Similarly, special departments for indigenous health and indigenous special health districts were eliminated. These were key elements of Brazil’s health policy consolidated during the 2000s that was rooted in the view of social and geographical inequalities in access to public services. These measures sought to incorporate indigenous care within the context of the general population over the ascension of a discourse based on a so- called “universal Brazilian citizen” (Polidoro, 2020). The same type of argument was used to dismantle public policies specifically for family farmers. At the symbolic and discursive level, this process sought to homogenize the audience, erase the diversity of rural areas, and address the differences between categories of producers only from the point of view of farm size or scale (Niederle et al., 2019). The impacts of these measures include the high level of casualties from COVID-19 among indigenous populations struggling to access health care.

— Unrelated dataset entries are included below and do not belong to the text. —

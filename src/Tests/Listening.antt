-- ===== src/Tests/Listening.antt =====
-- The theorems on the hooks and the recorder of platform/windows, applied to concrete events.
use clip_queue.Prelude.{ℕ, ◌≡◌, refl, pos, true, false, String, List, [], ◌∷◌, some, none}
use clip_queue.Input.Signature.{
  InputSignature, source_mouse_button, mouse_button_edge_up, new_input_signature, equals,
  compute_hash, mouse_button_raw_data_equal,
}
use clip_queue.Input.Matcher.{match_signature, entry, find_equal}
use clip_queue.Input.Listener.{InputListener, get_pending, wait_for_capture}
use clip_queue.Input.Listener.Recording.{Key}
use clip_queue.Input.Hooks.{mouse_event, x_button, mouse_hook}
use clip_queue.Input.Hooks.Clicks.{mouse_hook-click, mouse_hook-captured}

abbrev head_byte : List ℕ → ℕ
head_byte [] = 0
head_byte (b ∷ bytes) = b

-- The release of the fourth button, without modifiers.
abbrev fourth : InputSignature
fourth = record { hash = 1; raw_data = 4 ∷ 2 ∷ []; source_type = 1; modifier_state = 0 }

-- A listener with a hotkey on that button.
abbrev listening : InputListener String
listening = record {
  hwnd = 1;
  matcher = record {
    signatures =
        (1, record { signature = fourth; callback = "paste"; id = "paste_next" } ∷ []) ∷ [];
  };
  pending_mouse_hotkeys = [];
  capture_mode = false;
  capture_chan = none;
  sequence_record_mode = false;
  sequence_record_hkl = 0;
  sequence_record_at = 0;
  sequence_last_event = none;
  sequence_events = [];
}

down_event : mouse_event 0x020B 65536 ≡ some (source_mouse_button, 4 ∷ 1 ∷ [])
unfolding mouse_event x_button
down_event = refl

up_event : mouse_event 0x020C 65536 ≡ some (source_mouse_button, 4 ∷ 2 ∷ [])
unfolding mouse_event x_button
up_event = refl

matched :
    match_signature
      (new_input_signature head_byte source_mouse_button (4 ∷ mouse_button_edge_up ∷ []) 0)
      listening.matcher
    ≡ some "paste"
unfolding match_signature new_input_signature compute_hash entry find_equal equals
    mouse_button_raw_data_equal
matched = refl

-- Control goes down between the press and the release.
mouse_hook-click_example :
    let p = mouse_hook head_byte (pos 0) 0x020B 65536 0 listening in
    let r = mouse_hook head_byte (pos 0) 0x020C 65536 1 p.0 in
    (p.1 ≡ true)
    × (p.2 ≡ none)
    × (r.1 ≡ true)
    × (r.2 ≡ some "paste")
    × (get_pending 4 r.0.pending_mouse_hotkeys ≡ none)
mouse_hook-click_example =
    mouse_hook-click head_byte 0 4 0x020B 65536 0x020C 65536 0 1 listening "paste" refl down_event
      up_event matched

abbrev capturing : InputListener String
capturing = record listening { capture_mode = true }

mouse_hook-captured_example :
    let p = mouse_hook head_byte (pos 0) 0x020B 65536 0 capturing in
    let r = mouse_hook head_byte (pos 0) 0x020C 65536 1 p.0 in
    (p ≡ (capturing, true, none))
    × (r.1 ≡ true)
    × (r.2 ≡ none)
    × (r.0.capture_mode ≡ false)
    × ((wait_for_capture r.0).0
        ≡ some
            (new_input_signature head_byte source_mouse_button (4 ∷ mouse_button_edge_up ∷ []) 1))
mouse_hook-captured_example =
    mouse_hook-captured head_byte 0 4 0x020B 65536 0x020C 65536 0 1 capturing refl refl down_event
      up_event

-- A typed key, an injected one, and a typed one two minutes later.
abbrev keys : List Key
keys =
    (record { vk_code = 65; scan_code = 30; flags = 0 }, 0x0100, 1_000_000_000)
    ∷ (record { vk_code = 66; scan_code = 48; flags = 0x10 }, 0x0100, 2_000_000_000)
    ∷ (record { vk_code = 67; scan_code = 46; flags = 0 }, 0x0100, 121_000_000_000)
    ∷ []

abbrev recorded : InputListener String
recorded = record listening {
  sequence_events =
      record { vk = 65; scan_code = 30; hook_flags = 0; message = 256; delay_ms = 0 }
      ∷ record { vk = 67; scan_code = 46; hook_flags = 0; message = 256; delay_ms = 60000 }
      ∷ [];
}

Equally alarming was the sharp increase in violence toward rural people that followed the 2016 impeachment and consolidation of these populist narratives (Andrade, 2020).

Therefore, rather than a neoliberal turn, this narrative was employed to change the overall policy goals and promote an active dismantling of several of the country’s social policies, along with a review of the historical rights of minority groups and indigenous populations. The neoliberal narrative was applied only to policy fields that were considered beneficial to the opposition. Simultaneously, military spending was gradually expanded, including salary increases to compensate for military pension reform (Schreiber, 2020). As a reserve military officer himself, Bolsonaro’s support from military forces has been a key stability force for the government, despite internal disagreement with the Minister of Economy.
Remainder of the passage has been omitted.